Bring in James early, Sura is playing reckless.


----------



## sherwin

*Re: Game 4, 2005 NBA Playoffs....Official: Mavericks @ Rockets GAME THREAD. 4/30. 4:3*

Why Doesnt Yao Box Out??????????


----------



## TheRoc5

give the ball to freakin yao........................ even the comentators are sayin we have bad fans


----------



## sherwin

*Re: Game 4, 2005 NBA Playoffs....Official: Mavericks @ Rockets GAME THREAD. 4/30. 4:3*

dallas is playing with so much energy. houston is not, except wesley. where is tmac, where is yao?


----------



## TracywtFacy

*Re: Game 4, 2005 NBA Playoffs....Official: Mavericks @ Rockets GAME THREAD. 4/30. 4:3*

wats going on with our lax defense?


----------



## sherwin

*Re: Game 4, 2005 NBA Playoffs....Official: Mavericks @ Rockets GAME THREAD. 4/30. 4:3*

tmac still squirming after that hard foul... stupid *** henderson


----------



## TheRoc5

wow we suck


----------



## sherwin

*Re: Game 4, 2005 NBA Playoffs....Official: Mavericks @ Rockets GAME THREAD. 4/30. 4:3*

yao is guarding dirk, and of course picks up a foul. what ht ehell yao? why are you so stupid sometimes? why would you try to guard dirk?


----------



## sherwin

*Re: Game 4, 2005 NBA Playoffs....Official: Mavericks @ Rockets GAME THREAD. 4/30. 4:3*

rockets are husting now

but still not getting calls


----------



## TracywtFacy

*Re: Game 4, 2005 NBA Playoffs....Official: Mavericks @ Rockets GAME THREAD. 4/30. 4:3*

jeez, our offense seems to click when mutombo, not yao is in the game!

unbelievable... tie game now...


----------



## TheRoc5

im hustler im im a hustler... we just woke up wow boubt time


----------



## sherwin

*Re: Game 4, 2005 NBA Playoffs....Official: Mavericks @ Rockets GAME THREAD. 4/30. 4:3*

mutombo comes in and we go on a run and tie it. yao was holding back our offense, and not boxing out on defense.. he just doesnt deserve to be in the game if this is what hes going to bring.


----------



## The_Franchise

*Re: Game 4, 2005 NBA Playoffs....Official: Mavericks @ Rockers GAME THREAD. 4/30. 4:3*

Houston finally comes to life, goes on a 8-0 run to tie the game up at 18. 

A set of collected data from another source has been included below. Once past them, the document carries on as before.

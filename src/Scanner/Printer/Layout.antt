-- ===== src/Scanner/Printer/Layout.antt =====
-- What printing does to a printer, whatever is printed: lines are only added, each of them empty or
-- indented at least to the level, and the level is what it was.
use Prim.Native.Nat.{◌*◌}
use mathlib.Core.List.{append_assoc, append-nil}
use mathlib.Core.Path.{subst}
use text.Mathlib.TextLemmas
use pywayland_i6ie.Base.{
  ℕ, zero, suc, Error, ◌+◌, String, ◌<>◌, ◌≡◌, refl, sym, ap, ◌∙◌, ◌⊎◌, inl, inr, Bool, true, false,
  Option, none, some, List, [], ◌∷◌, ◌++◌, All, All-append, Result, ok, err, arith, ◌>>=◌,
  >>=-eq-ok, ok-injective, if◌then◌else◌, Bool-cases,
}
use pywayland_i6ie.Base.Text.{is_empty, join}
use pywayland_i6ie.Base.Words.{spaces, split}
use pywayland_i6ie.Scanner.Library.{Library}
use pywayland_i6ie.Scanner.Printer.{
  Printer, Output, ◌⨾◌, line, blank, each, indented, when_some, when, tab_stop,
}
use pywayland_i6ie.Scanner.Printer.Names.{parse_doc_line}
use pywayland_i6ie.Scanner.Printer.Docs.{docstring, doc}

abbrev pub IsIndented : ℕ → String → Type 0
IsIndented level text = (text ≡ "") ⊎ ((rest : String) × (text ≡ spaces (tab_stop * level) <> rest))

-- `q` is `p` with more lines, indented as said.
pub record Extends (p q : Printer) : Type 0 where
  pub level : q.level ≡ p.level
  pub protocol_name : q.protocol_name ≡ p.protocol_name
  pub interface_name : q.interface_name ≡ p.interface_name
  pub interface_imports : q.interface_imports ≡ p.interface_imports
  pub added : List String
  pub lines : q.lines ≡ p.lines ++ added
  pub indented : All (IsIndented p.level) added

-- An output that, if it does not raise, only extends.
pub record IsLayout (output : Output) : Type 0 where
  pub extends : (p q : Printer) → output p ≡ ok q → Extends p q

Extends-refl : (p : Printer) → Extends p p
Extends-refl p = record {
  level = refl;
  protocol_name = refl;
  interface_name = refl;
  interface_imports = refl;
  added = [];
  lines = sym (append-nil _);
  indented = tt;
}

Extends-trans : {p q r : Printer} → Extends p q → Extends q r → Extends p r
Extends-trans {p} a b = record {
  level = b.level ∙ a.level;
  protocol_name = b.protocol_name ∙ a.protocol_name;
  interface_name = b.interface_name ∙ a.interface_name;
  interface_imports = b.interface_imports ∙ a.interface_imports;
  added = a.added ++ b.added;
  lines = b.lines ∙ ap (λ l. l ++ b.added) a.lines ∙ append_assoc p.lines a.added b.added;
  indented = All-append (IsIndented p.level) _ _ a.indented (rw a.level at b.indented);
}

line_text-IsIndented :
    (level : ℕ) (text : String)
    → IsIndented level (if is_empty text then "" else spaces (tab_stop * level) <> text)
line_text-IsIndented level text = elim (Bool-cases (is_empty text)) [
  | inl empty ↦ rw empty (inl refl)
  | inr full ↦ rw full (inr (text, refl))
]

pub line-IsLayout : (text : String) → IsLayout (line text)
unfolding line
line-IsLayout text = record {
  extends = λ p q e.
      subst (λ (r : Printer). Extends p r) (ok-injective e)
        (record {
          level = refl;
          protocol_name = refl;
          interface_name = refl;
          interface_imports = refl;
          added = (if is_empty text then "" else spaces (tab_stop * p.level) <> text) ∷ [];
          lines = refl;
          indented = (line_text-IsIndented p.level text, tt);
        });
}

pub blank-IsLayout : IsLayout blank
unfolding blank
blank-IsLayout = line-IsLayout ""

pub ⨾-IsLayout : {a b : Output} → IsLayout a → IsLayout b → IsLayout (a ⨾ b)
⨾-IsLayout {a} {b} la lb = record {
  extends = λ p q e.
      let (m, first, second) = >>=-eq-ok (a p) b e in
      Extends-trans (la.extends p m first) (lb.extends m q second);
}

pub ok-IsLayout : IsLayout ok
ok-IsLayout = record {
  extends = λ p q e. subst (λ (r : Printer). Extends p r) (ok-injective e) (Extends-refl p);
}

pub err-IsLayout : (x : Error) → IsLayout (λ _. err x)
err-IsLayout x = record { extends = λ p q e. absurd (cc) }

-- A value that is computed first, and may raise.
pub bind-IsLayout {ℓ} :
    {A : Type ℓ} (f : Printer → Result A) (g : A → Output)
    → ((a : A) → IsLayout (g a))
    → IsLayout (λ p. f p >>= λ a. g a p)
bind-IsLayout f g h = record {
  extends = λ p q e. let (a, _, rest) = >>=-eq-ok (f p) (λ a. g a p) e in (h a).extends p q rest;
}

pub each-IsLayout {ℓ} :
    {A : Type ℓ} (output : A → Output) (xs : List A)
    → ((x : A) → IsLayout (output x))
    → IsLayout (each output xs)
unfolding each
each-IsLayout output [] h = ok-IsLayout
each-IsLayout output (x ∷ xs) h = ⨾-IsLayout (h x) (each-IsLayout output xs h)

pub when_some-IsLayout {ℓ} :
    {A : Type ℓ} (o : Option A) (output : A → Output)
    → ((x : A) → IsLayout (output x))
    → IsLayout (when_some o output)
unfolding when_some
when_some-IsLayout none output h = ok-IsLayout
when_some-IsLayout (some x) output h = h x

pub when-IsLayout : (b : Bool) {output : Output} → IsLayout output → IsLayout (when b output)
unfolding when
when-IsLayout true h = h
when-IsLayout false h = ok-IsLayout

pub if-IsLayout :
    (b : Bool) {x y : Output} → IsLayout x → IsLayout y → IsLayout (if b then x else y)
if-IsLayout true hx hy = hx
if-IsLayout false hx hy = hy

spaces-add : (m n : ℕ) → spaces (m + n) ≡ spaces m <> spaces n
spaces-add zero n = ap spaces (omega arith) ∙ sym (TextLemmas.nil-append (spaces n))
spaces-add (suc m) n =
    let step : suc m + n ≡ suc (m + n) = omega arith in
    ap spaces step
    ∙ ap (λ s. " " <> s) (spaces-add m n)
    ∙ sym (TextLemmas.append_assoc " " (spaces m) (spaces n))

IsIndented-pred : (level : ℕ) (text : String) → IsIndented (level + 1) text → IsIndented level text
IsIndented-pred level text (inl e) = inl e
IsIndented-pred level text (inr (rest, e)) = inr (
  spaces tab_stop <> rest,
  e
      ∙ ap (λ k. spaces k <> rest) (omega arith)
      ∙ ap (λ s. s <> rest) (spaces-add (tab_stop * level) tab_stop)
      ∙ TextLemmas.append_assoc (spaces (tab_stop * level)) (spaces tab_stop) rest,
)

All-IsIndented-pred :
    (level : ℕ) (texts : List String)
    → All (IsIndented (level + 1)) texts
    → All (IsIndented level) texts
All-IsIndented-pred level [] h = tt
All-IsIndented-pred level (t ∷ texts) (h, hs) =
    (IsIndented-pred level t h, All-IsIndented-pred level texts hs)

pub indented-IsLayout : {body : Output} → IsLayout body → IsLayout (indented body)
unfolding indented
indented-IsLayout {body} h = record {
  extends = λ p q e.
      let (r, ran, same) = >>=-eq-ok (body (record p { level = p.level + 1 })) _ e in
      let x = h.extends (record p { level = p.level + 1 }) r ran in
      subst (λ (q : Printer). Extends p q) (ok-injective same)
        (record {
          level = omega (arith, x.level);
          protocol_name = x.protocol_name;
          interface_name = x.interface_name;
          interface_imports = x.interface_imports;
          added = x.added;
          lines = x.lines;
          indented = All-IsIndented-pred p.level x.added x.indented;
        });
}

module _ (L : Library) where
  pub doc-IsLayout : (text : String) → IsLayout (doc L text)
  unfolding doc
  doc-IsLayout text = bind-IsLayout (λ p. parse_doc_line L p text) line line-IsLayout

  pub docstring-IsLayout : (text : String) → IsLayout (docstring L text)
  unfolding docstring
  docstring-IsLayout text =
      bind-IsLayout (λ p. parse_doc_line L p text) _
        λ linked.
          bind-IsLayout _ (λ paragraphs. each line (split 10 (join "\n\n" paragraphs)))
            (λ paragraphs. each-IsLayout line _ line-IsLayout)

pub ruleset layout_rules = (
  line-IsLayout, blank-IsLayout, ⨾-IsLayout, ok-IsLayout, when-IsLayout, if-IsLayout,
  indented-IsLayout, doc-IsLayout, docstring-IsLayout,
)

Yao sitting on the bench with 2 points and 2 fouls in the 1st quarter. Horrible first quarter, I doubt JVG will want to involve him heavily throughout the rest of the game. The 1st quarter normally dictates the outcome of Yao's game.


----------



## sherwin

*Re: Game 4, 2005 NBA Playoffs....Official: Mavericks @ Rockets GAME THREAD. 4/30. 4:3*

I hope this is like the Houston vs Denver game where we had a slow start and turned it on and won by 28


----------



## sherwin

*Re: Game 4, 2005 NBA Playoffs....Official: Mavericks @ Rockets GAME THREAD. 4/30. 4:3*

i think were all getting tired of the mental/cerebral weakness of yao. you know what, this is playoffs, get whatevers in your head out and play to your potential.


----------



## The_Franchise

*Re: Game 4, 2005 NBA Playoffs....Official: Mavericks @ Rockers GAME THREAD. 4/30. 4:3*

The thing with Mutombo, not only is he a great rebounder but he doesn't go to contest as many shots as Yao. He has a much better instinct as a shot blocker, but his objective once he enters the game is to dig in to the post and secure the defensive glass. Dallas does a great job of drawing Yao away from the basket, and he helps them out by committing two stupid defensive fouls.


----------



## sherwin

*Re: Game 4, 2005 NBA Playoffs....Official: Mavericks @ Rockets GAME THREAD. 4/30. 4:3*

Sura got fouled on the 3 yet NO call, luckily mutombo tipped teh airball in right before shotclock violation


----------



## sherwin

*Re: Game 4, 2005 NBA Playoffs....Official: Mavericks @ Rockets GAME THREAD. 4/30. 4:3*

tmac layup miss, dirk 3pt at the buzzer


----------



## The_Franchise

*Re: Game 4, 2005 NBA Playoffs....Official: Mavericks @ Rockers GAME THREAD. 4/30. 4:3*

Dirk hits his first 3 of the series at the buzzer after a missed layup by TMac. 

Dallas 26
Houston 22

End of 1


----------



## ChiBron

T-mac misses way too many layups.


----------



## sherwin

i hate that dirk made that 3 at the buzzer. those are the kinds of things that deflate the rockets


----------



## TracywtFacy

*Re: Game 4, 2005 NBA Playoffs....Official: Mavericks @ Rockets GAME THREAD. 4/30. 4:3*

Well, we came away from that first quarter relatively unscathed, since it looked at one stage we were just out of the game... Deke's presence really changed things up for us, he is priceless... Rox will come out firing for the rest of the game. The Dallas big men have 2 fouls each (not counting bradley, who, strangely enough, Avery is reluctant to bring on since some sort of on-court incident in game 2 ).


----------



## sherwin

*Re: Game 4, 2005 NBA Playoffs....Official: Mavericks @ Rockets GAME THREAD. 4/30. 4:3*

oh god.. they call every freaking touch foul *HOW ABOUT SOME CONSISTENCY REFS*


----------



## TracywtFacy

*Re: Game 4, 2005 NBA Playoffs....Official: Mavericks @ Rockets GAME THREAD. 4/30. 4:3*

edit double post


----------



## TracywtFacy

*Re: Game 4, 2005 NBA Playoffs....Official: Mavericks @ Rockets GAME THREAD. 4/30. 4:3*

wow what a lineup to start the third quarter: deke, jon barry, mike james, ryan bowen, sura 

they're doing well too


----------



## The_Franchise

*Re: Game 4, 2005 NBA Playoffs....Official: Mavericks @ Rockets GAME THREAD. 4/30. 4:3*

Rockets hustling hard with McGrady and Yao on the bench (first time this series both have been on the bench). 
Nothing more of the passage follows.